Yatama.

Puntarenas, 18.2.2020

Abgang aus La Fortuna. Bisschen spannend, weil nirgendwo ein Busfahrplan hängt. Tags zuvor hatte mir ein Mann beteuert, dass ab 8 alle Stunde einer nach Ciudad Quesada fährt. So finden wir uns gegen 9 ein, ich parliere mit einer jungen Nachbarin, die aber auch irgendwie keine Ahnung hat… bis deren Nachbarin ostentativ an die Decke voraus zeigt. Was heißt das? Steht in Gottes Hand, wann die Busse fahren? Nö, ein großer LED-Bildschirm zeigt alles an, was ich wissen will. Dussel.

Umsteigen in Quesada, dann rasch nach Puerto Viejo de Sarapiqui. Rasch… die geschätzten 1 1/2 Stunden ziehen sich auf 3, und mal abgesehen davon, dass wir einen noch nicht bekannten Anschluss nach Horqueta erwischen müssen, benötigt unser Lodgemanager eine ungefähre Ankunftszeit, immerhin braucht er selbst 40 Minuten vom Berg herunter. Aber hurra, moderne Kommunikation:  in Pt. Viejo gibt es endlich Netz, Pedro ruft via WhatsApp schon „what is you position?“ . Der Anschlussbus scharrt bereits mit den Hufen, wir müssen nur noch klarmachen, dass wir am SuperRoyka- Markt aussteigen wollen, und selbst das klappt, dank 220 Tagen Duolingotrainig (jaja, lacht nur. Hilft aber; die Verständigung ist allerdings eher einseitig gut, da zunächst immer eine schnell gerappelte Antwort kommt. Herrje…más despacio, por favor).

Hola, Pedro! Wir entern seinen Mitsubishi Pajero (der hier aus gutem Grund Montero heißt, denn Pajero ist der Wichser…), eine alte Klapperbüchse, die für den Weg zur Lodge jährlich einen Satz neue Stoßdämpfer und Reifen braucht. Auf den letzten 5 km wird es auch wirklich rumpelig – so mögen wir’s, und Pedro freut sich, dass wir’s mögen.

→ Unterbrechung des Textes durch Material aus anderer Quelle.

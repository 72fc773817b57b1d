-- ===== src/Tools/Locate/Bounds.antt =====
-- Where the locators can point.
use Prim.Native.String.{String}
use rust_pois.Prelude.{
  ℕ, zero, suc, ◌+◌, ◌/◌, ◌%◌, ◌^◌, ◌≤◌, ◌≡◌, refl, ap, subst, unwrap_or, Bool, true, false, Option,
  none, some, [], arith, length, get_or, ltb, ◌!=◌, Bool-cases, inl, inr, Result, ok, err,
}
use rust_pois.Bits.{Bytes}
use rust_pois.Tools.Reader.{BitReader, P, new}
use rust_pois.Tools.Command.{
  read_header, parse_command_info, read_splice_time, read_components, read_break_duration, when,
  parse_splice_insert_rest, parse_splice_insert,
}
use rust_pois.Tools.Locate.{
  DescriptorLoop, is_refused, word_at, loop_at, whole_byte, locate_descriptor_loop,
  skip_splice_time, skip_components, skip_to_break, seek_break_duration, found_break,
  locate_break_duration,
}
use rust_pois.Tools.Reader.Consumes.{
  Consumes, Consumes-then, read_u8-Consumes, read_u16-Consumes, read_u64-Consumes, pure-Consumes,
  Consumes-if, Consumes-step, read_flag-Consumes, forward, any_u8,
}

skip_splice_time-Consumes : Consumes 0 skip_splice_time
unfolding skip_splice_time
skip_splice_time-Consumes = search forward

skip_components-Consumes : (immediate : Bool) (n : ℕ) → Consumes 0 (skip_components immediate n)
unfolding skip_components
skip_components-Consumes immediate zero = pure-Consumes tt
skip_components-Consumes immediate (suc n) = Consumes-step (any_u8 8) (λ _.
    Consumes-step (Consumes-if immediate (pure-Consumes tt) skip_splice_time-Consumes)
      (λ _. skip_components-Consumes immediate n))

skip_to_break-Consumes : Consumes 0 skip_to_break
unfolding skip_to_break
skip_to_break-Consumes =
    search (forward, skip_splice_time-Consumes, skip_components-Consumes) depth 25

read_splice_time-Consumes : Consumes 0 read_splice_time
unfolding read_splice_time
read_splice_time-Consumes = search forward

read_components-Consumes : (immediate : Bool) (n : ℕ) → Consumes 0 (read_components immediate n)
unfolding read_components
read_components-Consumes immediate zero = pure-Consumes []
read_components-Consumes immediate (suc n) = Consumes-step (any_u8 8) (λ _.
    Consumes-step (Consumes-if immediate (pure-Consumes none) read_splice_time-Consumes)
      (λ _. Consumes-step (read_components-Consumes immediate n) (λ _. pure-Consumes _)))

read_break-Consumes : Consumes 0 read_break_duration
unfolding read_break_duration
read_break-Consumes = search forward

when-Consumes : {A : Type 0} (b : Bool) {m : P A} → Consumes 0 m → Consumes 0 (when b m)
when-Consumes true c = Consumes-step c (λ a. pure-Consumes (some a))
when-Consumes false c = pure-Consumes none

rest-Consumes : (id : ℕ) (o p d i : Bool) → Consumes 0 (parse_splice_insert_rest id o p d i)
unfolding parse_splice_insert_rest
rest-Consumes id o p d i =
    search
      (
        forward, when-Consumes, read_splice_time-Consumes, read_components-Consumes,
        read_break-Consumes,
      )
      depth 25

insert-Consumes : Consumes 0 parse_splice_insert
unfolding parse_splice_insert
insert-Consumes = search (forward, rest-Consumes) depth 25

parse-Consumes : (t : ℕ) → Consumes 0 (parse_command_info t)
unfolding parse_command_info
parse-Consumes t = search (forward, insert-Consumes, read_splice_time-Consumes) depth 25

read_header-Consumes : Consumes 112 read_header
unfolding read_header
read_header-Consumes = Consumes-then (read_u8-Consumes 8) (λ _.
    Consumes-then (read_u8-Consumes 1) (λ _. Consumes-then (read_u8-Consumes 1) (λ _.
      Consumes-then (read_u8-Consumes 2) (λ _. Consumes-then (read_u16-Consumes 12) (λ _.
        Consumes-then (read_u8-Consumes 8) (λ _. Consumes-then read_flag-Consumes (λ _.
          Consumes-then (read_u8-Consumes 6) (λ _. Consumes-then (read_u64-Consumes 33) (λ _.
            Consumes-then (read_u8-Consumes 8) (λ _. Consumes-then (read_u16-Consumes 12) (λ _.
              Consumes-then (read_u16-Consumes 12) (λ _.
                Consumes-then {k = 0} (read_u8-Consumes 8)
                  (λ t. Consumes-step (info t) (λ _. pure-Consumes _))))))))))))))
  where
    info : (t : ℕ) → Consumes 0 (parse_command_info t)
    info t = parse-Consumes t

-- A section that is not refused.
pub record Accepted (bytes : Bytes) : Type 0 where
  pub long : 15 ≤ length bytes
  pub head : get_or bytes 0 0 ≡ 0xFC

not_refused : (bytes : Bytes) → is_refused bytes ≡ false → Accepted bytes
not_refused bytes h = record { long = ground arith; head = ground arith }

-- The loop stands behind the header, and leaves room for the CRC.
pub record Fits (bytes : Bytes) (l : DescriptorLoop) : Type 0 where
  pub accepted : Accepted bytes
  pub behind : 14 ≤ l.dlw_off
  pub start : l.loop_start ≡ l.dlw_off + 2
  pub stop : l.loop_end ≡ l.loop_start + word_at bytes l.dlw_off % 2 ^ 10
  pub room : l.loop_end + 4 ≤ length bytes

some-injective : {A : Type 0} {a b : A} → some a ≡ some b → a ≡ b
some-injective {a = a} e = ap (λ o. unwrap_or o a) e

loop_at-Fits :
    (bytes : Bytes) (off : ℕ) (l : DescriptorLoop)
    → Accepted bytes
    → 14 ≤ off
    → loop_at bytes off ≡ some l
    → Fits bytes l
unfolding loop_at
loop_at-Fits bytes off l acc h e =
    let loop_end = off + 2 + word_at bytes off % 2 ^ 10 in
    elim (Bool-cases (ltb (length bytes) (off + 2))) [
      | inl c ↦ cc (let bad = rw c at e in bad)
      | inr c ↦ elim (Bool-cases (ltb (length bytes) (loop_end + 4))) [
        | inl c' ↦ cc (let bad = rw (c, c') at e in bad)
        | inr c' ↦
            let same = some-injective (rw (c, c') at e) in
            subst (Fits bytes) same (record {
              accepted = acc;
              behind = h;
              start = refl;
              stop = refl;
              room = ground arith;
            })
      ]
    ]

aligned :
    {A : Type 0} (x : Result String A × BitReader) (f : ℕ → Option DescriptorLoop)
    (l : DescriptorLoop)
    → ((a : A) → x.0 ≡ ok a → 112 ≤ x.1.bitpos)
    → whole_byte x f ≡ some l
    → (q : ℕ) × (14 ≤ q) × (f q ≡ some l)
aligned (ok a, r) f l h e = elim (Bool-cases (r.bitpos % 8 != 0)) [
  | inl c ↦ cc (let bad = rw c at e in bad)
  | inr c ↦ (r.bitpos / 8, omega (arith, h a refl), rw c at e)
]
aligned (err s, r) f l h e = cc

-- Where the descriptor loop is found, the section is long enough, not of another table, and the loop
-- stands behind the header and before the CRC.
pub locate_descriptor_loop-Fits :
    (bytes : Bytes) (l : DescriptorLoop) → locate_descriptor_loop bytes ≡ some l → Fits bytes l
unfolding locate_descriptor_loop
locate_descriptor_loop-Fits bytes l e = elim (Bool-cases (is_refused bytes)) [
  | inl c ↦ cc (let bad = rw c at e in bad)
  | inr c ↦
      let (q, low, found) =
        aligned (read_header (new bytes)) (loop_at bytes) l
          (λ a h. read_header-Consumes.moves (new bytes) a h) (rw c at e) in
      loop_at-Fits bytes q l (not_refused bytes c) low found
]

seek-Consumes : Consumes 112 seek_break_duration
unfolding seek_break_duration
seek-Consumes = Consumes-then (read_u8-Consumes 8) (λ _. Consumes-then (read_u8-Consumes 1) (λ _.
    Consumes-then (read_u8-Consumes 1) (λ _. Consumes-then (read_u8-Consumes 2) (λ _.
      Consumes-then (read_u16-Consumes 12) (λ _. Consumes-then (read_u8-Consumes 8) (λ _.
        Consumes-then (read_u8-Consumes 1) (λ _. Consumes-then (read_u8-Consumes 6) (λ _.
          Consumes-then (read_u64-Consumes 33) (λ _. Consumes-then (read_u8-Consumes 8) (λ _.
            Consumes-then (read_u16-Consumes 12) (λ _. Consumes-then (read_u16-Consumes 12) (λ _.
              Consumes-then {k = 0} (read_u8-Consumes 8) (λ t.
                Consumes-if (t != 0x05) (pure-Consumes false) skip_to_break-Consumes)))))))))))))

found :
    (x : Result String Bool × BitReader) (bd : ℕ)
    → ((a : Bool) → x.0 ≡ ok a → 112 ≤ x.1.bitpos)
    → found_break x ≡ some bd
    → 14 ≤ bd
found (err s, r) bd h e = cc
found (ok false, r) bd h e = cc
found (ok true, r) bd h e = elim (Bool-cases (r.bitpos % 8 != 0)) [
  | inl c ↦ cc (let bad = rw c at e in bad)
  | inr c ↦ let same = some-injective (rw c at e) in omega (arith, same, h true refl)
]

pub locate_break_duration-bounds :
    (bytes : Bytes) (bd : ℕ) → locate_break_duration bytes ≡ some bd → Accepted bytes × (14 ≤ bd)
unfolding locate_break_duration
locate_break_duration-bounds bytes bd e = elim (Bool-cases (is_refused bytes)) [
  | inl c ↦ cc (let bad = rw c at e in bad)
  | inr c ↦ (
    not_refused bytes c,
    found (seek_break_duration (new bytes)) bd (λ a h. seek-Consumes.moves (new bytes) a h)
        (rw c at e),
  )
]
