-- ===== src/Tools/Reader/Inside.antt =====
-- A successful reading stays inside the buffer, but for the bits of one byte that a skip may pass.
use Prim.Native.String.{String}
use rust_pois.Prelude.{
  ℕ, zero, suc, ◌+◌, ◌*◌, ◌/◌, ◌^◌, ◌≤◌, ◌≡◌, refl, Bool, true, false, arith, length, leb, ltb,
  ◌==◌, if◌then◌else◌, Bool-cases, inl, inr, Result, ok, err,
}
use rust_pois.Tools.Reader.{
  BitReader, P, advance, narrow, read_rounds, read_bits, read_u8, read_u16, read_u32, read_u64,
  skip_bits,
}
use rust_pois.Tools.Command.{continue, ◌>>=◌, pure, read_flag}

-- The reader is in a buffer of `n` bytes, or in the bits of the byte behind it.
abbrev pub In : ℕ → BitReader → Type 0
In n r = (length r.source ≡ n) × (r.bitpos ≤ 8 * n + 7)

pub record Inside {A : Type 0} (m : P A) : Type 0 where
  pub stays : (n : ℕ) (r : BitReader) (a : A) → (m r).0 ≡ ok a → In n r → In n (m r).1

read_rounds-In :
    (n k v : ℕ) (r : BitReader) (a : ℕ)
    → (read_rounds k v r).0 ≡ ok a
    → In n r
    → In n (read_rounds k v r).1
unfolding read_rounds
read_rounds-In n zero v r a h i = i
read_rounds-In n (suc k) v r a h (len, low) =
    elim (Bool-cases (leb (length r.source) (r.bitpos / 8))) [
      | inl e ↦ cc (let bad = rw e at h in bad)
      | inr e ↦
          rw e (let h' = rw e at h in read_rounds-In n k _ (advance 1 r) a h' (len, ground arith))
    ]

narrow-In :
    (n w : ℕ) (x : Result String ℕ × BitReader) (a : ℕ)
    → ((v : ℕ) → x.0 ≡ ok v → In n x.1)
    → (narrow w x).0 ≡ ok a
    → In n (narrow w x).1
narrow-In n w (ok v, r) a h e = h v refl
narrow-In n w (err s, r) a h e = cc

pub read_u64-Inside : (k : ℕ) → Inside (read_u64 k)
unfolding read_u64 read_bits
read_u64-Inside k = record { stays = λ n r a e i. read_rounds-In n k 0 r a e i }

pub read_u8-Inside : (k : ℕ) → Inside (read_u8 k)
unfolding read_u8 read_bits
read_u8-Inside k = record {
  stays = λ n r a e i. narrow-In n 8 (read_bits k r) a (λ v h. read_rounds-In n k 0 r v h i) e;
}

pub read_u16-Inside : (k : ℕ) → Inside (read_u16 k)
unfolding read_u16 read_bits
read_u16-Inside k = record {
  stays = λ n r a e i. narrow-In n 16 (read_bits k r) a (λ v h. read_rounds-In n k 0 r v h i) e;
}

pub read_u32-Inside : (k : ℕ) → Inside (read_u32 k)
unfolding read_u32 read_bits
read_u32-Inside k = record {
  stays = λ n r a e i. narrow-In n 32 (read_bits k r) a (λ v h. read_rounds-In n k 0 r v h i) e;
}

pub skip_bits-Inside : (k : ℕ) → Inside (skip_bits k)
unfolding skip_bits
skip_bits-Inside k = record { stays = stays }
  where
    stays :
        (n : ℕ) (r : BitReader) (a : Unit)
        → (skip_bits k r).0 ≡ ok a
        → In n r
        → In n (skip_bits k r).1
    stays n r a e (len, low) = elim (Bool-cases (leb (2 ^ 64) (r.bitpos + k))) [
      | inl h ↦ cc (let bad = rw h at e in bad)
      | inr h ↦ elim (Bool-cases (ltb (length r.source) ((r.bitpos + k) / 8))) [
        | inl h' ↦ cc (let bad = rw (h, h') at e in bad)
        | inr h' ↦ rw (h, h') (len, ground arith)
      ]
    ]

pub pure-Inside : {A : Type 0} (a : A) → Inside (pure a)
pure-Inside a = record { stays = λ n r b e i. i }

pub Inside-if :
    {A : Type 0} {m k : P A} (b : Bool) → Inside m → Inside k → Inside (if b then m else k)
Inside-if true c d = c
Inside-if false c d = d

pub Inside-step :
    {A B : Type 0} {m : P A} {f : A → P B} → Inside m → ((a : A) → Inside (f a)) → Inside (m >>= f)
unfolding ◌>>=◌
Inside-step {A} {B} {m} {f} c d = record {
  stays = λ n r b e i. onward n (m r) b (λ a h. c.stays n r a h i) e;
}
  where
    onward :
        (n : ℕ) (x : Result String A × BitReader) (b : B)
        → ((a : A) → x.0 ≡ ok a → In n x.1)
        → (continue f x).0 ≡ ok b
        → In n (continue f x).1
    onward n (ok a, r) b h e = (d a).stays n r b e (h a refl)
    onward n (err s, r) b h e = cc

pub read_flag-Inside : Inside read_flag
read_flag-Inside = Inside-step (read_u8-Inside 1) (λ a. pure-Inside (a == 1))

pub ruleset inside = (
  Inside-step, read_u8-Inside, read_u16-Inside, read_u32-Inside, read_u64-Inside, skip_bits-Inside,
  read_flag-Inside, pure-Inside, Inside-if,
)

Tukane fliegen auf, die Weiden werden von Wald abgelöst, nach einer Dreiviertelstunde tut sich ein Tor auf: in den Regenwald. Yatama EcoLodge. Und fast niemand außer uns. Doch, eine deutsch-schweizer Familie mit drei Töchtern und ein photowütiger Franzose mit Frau. Und Alba, die die Küche schmeißt (und wie! Lecker!) Schöne Fachbüchersammlung *. Am netten, schlichten Holzhaus empfängt uns ein Gelbhosen-Manakin (guckt es Euch an… Manakins beim Balzen sind immer einen Blick wert. Es gibt auch welche, die mit den Flügeln singen und knallen). Es ist einfach schön hier oben, ziemlich exklusiv im Sinne von „nur für uns“. Eigentlich über unserem Budget, aber die 70 Dollar, die wir pro Tag und Person einreichen, sind gut angelegt, denn nicht nur, dass wir ein nettes Holzhaus bewohnen, das keine Glasscheiben, sondern nur Insektennetz in den Fenstern hat (damit die Waldgeräusche direkt ins Bett dringen, sagt Pedro; und es riecht nach feuchtem Wald, ergänze ich), nein, außer dem leckeren Essen gibt es auch mindestens eine geführte Waldwanderung am Tag, normalerweise 2. Sagte ich schon, dass es schön ist? Nach dem Abendessen machen sich Pedro und Adlatus Luis (der Reptilienspezialist) mit dem Franzosen in den nächtlichen Wald auf. Schlangenjagd mit der Kamera. Langsam entfernen sich die Kopfleuchten, die durchs Unterholz blitzen. Uns wird es schon bettschwer nach dem langen Tag im Bus. Andreas streift vor der Tür vom Gemeinschaftshaus umher – und wenn er so ganz harmlos tut, dann ist was im Busch: „… gib doch mal Deine Kamera!“ Warum? „… ach, nur ein Frosch!“ Da sitzt doch direkt vor unserer Nase das Vieh, das hier alles sehen wollen: ein etwas verpennter Rotäugiger Baumfrosch, und der Kollege Maskenbaumfrosch nur ein paar Schritte weiter. Wir verlegen unsere erste Nachtwanderung auf die Terrasse.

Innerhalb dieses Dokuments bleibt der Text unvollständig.